Cycling, have found it a great way to meet people -we're the next province south of Rayong, about 40km to the border, and there are several cycling groups here, two of the larger shops have their own organised social/fun rides twice a week, maybe the same if you ask in Rayong, or as suggested in previous post, the bike tours place a good one to start with if you don't want to buy your own bike initially. Unsure if same company, know there's one that does day trips to Koh Samet that'd be a fun day out with the short ferry trip each way.
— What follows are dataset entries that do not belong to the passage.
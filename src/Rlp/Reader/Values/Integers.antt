-- ===== src/Rlp/Reader/Values/Integers.antt =====
-- An integer that was written is read again.
use cpp_conflux_sdk.Common.{
  ℕ, ◌+◌, ◌-◌, ◌^◌, max, ◌≤◌, ◌<◌, ◌≡◌, refl, ◌∙◌, subst, true, false, ◌&&◌, Bool-cases, inl, inr,
  [], ◌∷◌, append-nil, arith, Bytes, length, get_or, length-append, if◌then◌else◌, ltb, leb, ◌==◌,
}
use cpp_conflux_sdk.Common.Outcome.{ok, throw, bad_cast, ◌>>=◌}
use cpp_conflux_sdk.CommonData.Endian.{
  from_big_endian, bytes_required, to_big_endian, to_compact_big_endian,
}
use cpp_conflux_sdk.CommonData.Endian.RoundTrip.{length-to_big_endian}
use cpp_conflux_sdk.CommonData.Endian.Compact.{from_big_endian-to_compact_big_endian}
use cpp_conflux_sdk.Rlp.Item.{str, encode, encode_str, head}
use cpp_conflux_sdk.Rlp.Stream.{empty, append_int, finished, note_appended, note_loop}
use cpp_conflux_sdk.Rlp.Stream.Refines.{append-encode_str}
use cpp_conflux_sdk.Rlp.Stream.Integers.{append_int-to_compact_big_endian}
use cpp_conflux_sdk.Rlp.Reader.{strict}
use cpp_conflux_sdk.Rlp.Reader.Heads.{few_bytes, no_leading_zero}
use cpp_conflux_sdk.Rlp.Reader.Values.{to_int}
use cpp_conflux_sdk.Rlp.Reader.Values.Strings.{no_zero_first, to_int-encode}

head-le : (start n : ℕ) → n < 2 ^ 64 → length (head start n) ≤ 9
unfolding head
head-le start n small = elim (Bool-cases (ltb n 56)) [
  | inl short ↦ rw short (omega arith)
  | inr long ↦
      rw long
        (omega (arith, few_bytes n (ground arith) small, length-to_big_endian (bytes_required n) n))
]

encode_str-le : (s : Bytes) → length s < 2 ^ 64 → length (encode_str s) ≤ length s + 9
unfolding encode_str
encode_str-le [] small = omega (arith, head-le 0x80 0 small)
encode_str-le (b ∷ []) small = elim (Bool-cases (ltb b 0x80)) [
  | inl own ↦ rw own (omega arith)
  | inr other ↦ rw other (omega (arith, head-le 0x80 1 small, length-append (head 0x80 1) (b ∷ [])))
]
encode_str-le (b ∷ (c ∷ s)) small =
    let body = b ∷ (c ∷ s) in
    omega (arith, head-le 0x80 (length body) small, length-append (head 0x80 (length body)) body)

no_zero_first-get_or : (s : Bytes) → (get_or s 0 0 == 0) ≡ false → no_zero_first s ≡ true
unfolding no_zero_first
no_zero_first-get_or [] h = refl
no_zero_first-get_or (b ∷ s) h = rw h

no_zero_first-compact : (i : ℕ) → no_zero_first (to_compact_big_endian i 0) ≡ true
unfolding to_compact_big_endian
no_zero_first-compact i =
    let size : max 0 (bytes_required i) ≡ bytes_required i = omega arith in
    rw size (elim (Bool-cases (bytes_required i == 0)) [
      | inl none ↦
          let zero' : bytes_required i ≡ 0 = ground arith in
          rw zero' (unfold to_big_endian no_zero_first in refl)
      | inr some ↦ no_zero_first-get_or _ (no_leading_zero i (bytes_required i) refl (ground arith))
    ])

written :
    (i : ℕ)
    → bytes_required i < 2 ^ 64
    → (append_int empty i >>= finished) ≡ ok (encode_str (to_compact_big_endian i 0))
unfolding note_appended note_loop finished
written i h =
    let size : length (to_compact_big_endian i 0) < 2 ^ 64 =
      unfold to_compact_big_endian in
      omega (arith, length-to_big_endian (max 0 (bytes_required i)) i) in
    rw (
      append_int-to_compact_big_endian empty i,
      append-encode_str [] (to_compact_big_endian i 0) [] size,
    )

-- An integer that is appended to an empty stream and read from the stream's bytes with the strict flags
-- comes out the same, for every type of `w` bits and `max_size` bytes that holds it.
pub to_int-append_int :
    (w max_size i : ℕ)
    → i < 2 ^ w
    → bytes_required i ≤ max_size
    → max_size < 2 ^ 32
    → (append_int empty i >>= finished >>= λ d. to_int w max_size d strict) ≡ ok i
to_int-append_int w max_size i h fits few =
    let s = to_compact_big_endian i 0 in
    let value = from_big_endian-to_compact_big_endian w i 0 h in
    let short : length (encode (str s)) < 2 ^ 64 - 1 - 0x100 =
      unfold encode in omega (arith, value.1, encode_str-le s (omega (arith, value.1))) in
    let within : leb (length s) max_size ≡ true = ground (arith, value.1) in
    let read : to_int w max_size (encode (str s)) strict ≡ (
        if no_zero_first s && leb (length s) max_size
        then ok (from_big_endian w s)
        else throw bad_cast) =
      subst
        (λ (d : Bytes). to_int w max_size d strict ≡ (
          if no_zero_first s && leb (length s) max_size
          then ok (from_big_endian w s)
          else throw bad_cast))
        (append-nil (encode (str s))) (to_int-encode w max_size s [] short) in
    rw (written i (omega arith))
      (unfold encode in read ∙ rw (no_zero_first-compact i, within, value.0))
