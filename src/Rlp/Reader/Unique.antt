-- ===== src/Rlp/Reader/Unique.antt =====
-- What the reader finds determines the item: two codings never agree.
use cpp_conflux_sdk.Common.{
  ◌-◌, ◌^◌, ◌<◌, ◌≡◌, ◌≢◌, refl, sym, ap, ap₂, ◌∙◌, [], ◌++◌, append_parts, arith, Bytes, length,
  length-append,
}
use cpp_conflux_sdk.Common.Outcome.{ok}
use cpp_conflux_sdk.Rlp.Item.{
  Item, Items, str, lst, nil, cons, encode, encode_items, content, encode-some, length-content,
}
use cpp_conflux_sdk.Rlp.Stream.{rlp}
use cpp_conflux_sdk.Rlp.Stream.Refines.{rlp-encode}
use cpp_conflux_sdk.Rlp.Reader.{is_list, size_as_encoded, payload}
use cpp_conflux_sdk.Rlp.Reader.Sizes.{size_as_encoded-encode, payload-encode}
use cpp_conflux_sdk.Rlp.Reader.Items.Walk.{is_list-encode, encode_items-small}
use cpp_conflux_sdk.Rlp.Reader.Values.Strings.{is_data-str, is_list-data}

pub ok_eq : {A : Type 0} (a b : A) → ok a ≡ ok b → a ≡ b
ok_eq a b e = cc

same_size :
    (x y : Item) (r s : Bytes)
    → length (encode x) < 2 ^ 64 - 1 - 0x100
    → length (encode y) < 2 ^ 64 - 1 - 0x100
    → encode x ++ r ≡ encode y ++ s
    → length (encode x) ≡ length (encode y)
same_size x y r s hx hy e =
    ok_eq _ _
      (sym (size_as_encoded-encode x r hx) ∙ ap size_as_encoded e ∙ size_as_encoded-encode y s hy)

same_content :
    (x y : Item) (r s : Bytes)
    → length (encode x) < 2 ^ 64 - 1 - 0x100
    → length (encode y) < 2 ^ 64 - 1 - 0x100
    → encode x ++ r ≡ encode y ++ s
    → content x ≡ content y
same_content x y r s hx hy e =
    ok_eq _ _ (sym (payload-encode x r hx) ∙ ap payload e ∙ payload-encode y s hy)

str_or_lst :
    (t : Bytes) (xs : Items) (r s : Bytes)
    → length t < 2 ^ 64
    → encode (str t) ++ r ≢ encode (lst xs) ++ s
str_or_lst t xs r s small e =
    let is = ap is_list e ∙ is_list-encode xs s in
    let not' = is_list-data (encode (str t) ++ r) (is_data-str t r small) in cc

mutual
  unfolding content encode_items

  encode_eq :
      (x y : Item) (r s : Bytes)
      → length (encode x) < 2 ^ 64 - 1 - 0x100
      → length (encode y) < 2 ^ 64 - 1 - 0x100
      → encode x ++ r ≡ encode y ++ s
      → x ≡ y
  encode_eq (str a) (str b) r s hx hy e = ap str (same_content (str a) (str b) r s hx hy e)
  encode_eq (str a) (lst ys) r s hx hy e =
      absurd (str_or_lst a ys r s (omega (arith, hx, length-content (str a))) e)
  encode_eq (lst xs) (str b) r s hx hy e =
      absurd (str_or_lst b xs s r (omega (arith, hy, length-content (str b))) (sym e))
  encode_eq (lst xs) (lst ys) r s hx hy e = ap lst (
      encode_items_eq xs ys (encode_items-small xs _ hx) (encode_items-small ys _ hy)
        (same_content (lst xs) (lst ys) r s hx hy e))

  encode_items_eq :
      (xs ys : Items)
      → length (encode_items xs) < 2 ^ 64 - 1 - 0x100
      → length (encode_items ys) < 2 ^ 64 - 1 - 0x100
      → encode_items xs ≡ encode_items ys
      → xs ≡ ys
  encode_items_eq nil nil hx hy e = refl
  encode_items_eq nil (cons y ys) hx hy e = absurd (
      omega (
        arith,
        ap (λ (d : Bytes). length d) e,
        encode-some y,
        length-append (encode y) (encode_items ys),
      ))
  encode_items_eq (cons x xs) nil hx hy e = absurd (
      omega (
        arith,
        ap (λ (d : Bytes). length d) e,
        encode-some x,
        length-append (encode x) (encode_items xs),
      ))
  encode_items_eq (cons x xs) (cons y ys) hx hy e =
      let sx = length-append (encode x) (encode_items xs) in
      let sy = length-append (encode y) (encode_items ys) in
      let ax : length (encode x) < 2 ^ 64 - 1 - 0x100 = omega (arith, hx, sx) in
      let ay : length (encode y) < 2 ^ 64 - 1 - 0x100 = omega (arith, hy, sy) in
      let size = same_size x y (encode_items xs) (encode_items ys) ax ay e in
      let parts = append_parts (encode x) (encode y) (encode_items xs) (encode_items ys) size e in
      ap₂ cons (encode_eq x y (encode_items xs) (encode_items ys) ax ay e)
        (encode_items_eq xs ys (omega (arith, hx, sx)) (omega (arith, hy, sy)) parts.1)

-- Two data of which one begins with the coding of `x` and the other with the coding of `y` are equal
-- only if the items are, and what stands behind them.
pub encode_prefix_free :
    (x y : Item) (r s : Bytes)
    → length (encode x) < 2 ^ 64 - 1 - 0x100
    → length (encode y) < 2 ^ 64 - 1 - 0x100
    → encode x ++ r ≡ encode y ++ s
    → (x ≡ y) × (r ≡ s)
encode_prefix_free x y r s hx hy e = (
  encode_eq x y r s hx hy e,
  (append_parts (encode x) (encode y) r s (same_size x y r s hx hy e) e).1,
)

-- Different items are written as different bytes, if they have no more than 2 ^ 64 - 258 of them.
pub rlp_injective :
    (x y : Item)
    → length (encode x) < 2 ^ 64 - 1 - 0x100
    → length (encode y) < 2 ^ 64 - 1 - 0x100
    → rlp x ≡ rlp y
    → x ≡ y
rlp_injective x y hx hy e =
    let same : encode x ≡ encode y =
      ok_eq _ _ (sym (rlp-encode x (omega (arith, hx))) ∙ e ∙ rlp-encode y (omega (arith, hy))) in
    (encode_prefix_free x y [] [] hx hy (ap (λ (d : Bytes). d ++ []) same)).0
Cinemas - unless there's another cinema complex, don't get too excited about movies - for example SF Cinemas at Laemtong Rayong showing today: 
_Die Hard 5_ (Thai only); _GI Joe_ (3d - Thai and English); _Jack the Giant Slayer_ (Thai only); _Olympus Has Fallen_ (Thai only); and a Thai children's movie (Thai with English subtitles).
This is a small step up from Chanthaburi with its 3 multi-screen cinema complexes, where they never show movies either with subtitles or in English language. More English speakers in Rayong area.

Tourism Thailand - Rayong


----------



## pokoal2000

Hi
If you are lonely, you can always come and visit us. We live in Rayong district, about 20 km from Klaeng in the hills. I have few German Shepherds dogs,house with 2 Rais of land and I work in Klaeng.I am 64 years old, but I don't feel that old. My e-mail is [email protected]
Alex


----------



## Mooncoin

Hi Sin,

I am also moving Rayong this summer. I have a job teaching in the international school there. I am really excited but Im not to sure what to expect. I thought Rayong was small but from the forum I have seen it is bigger than I thought.


----------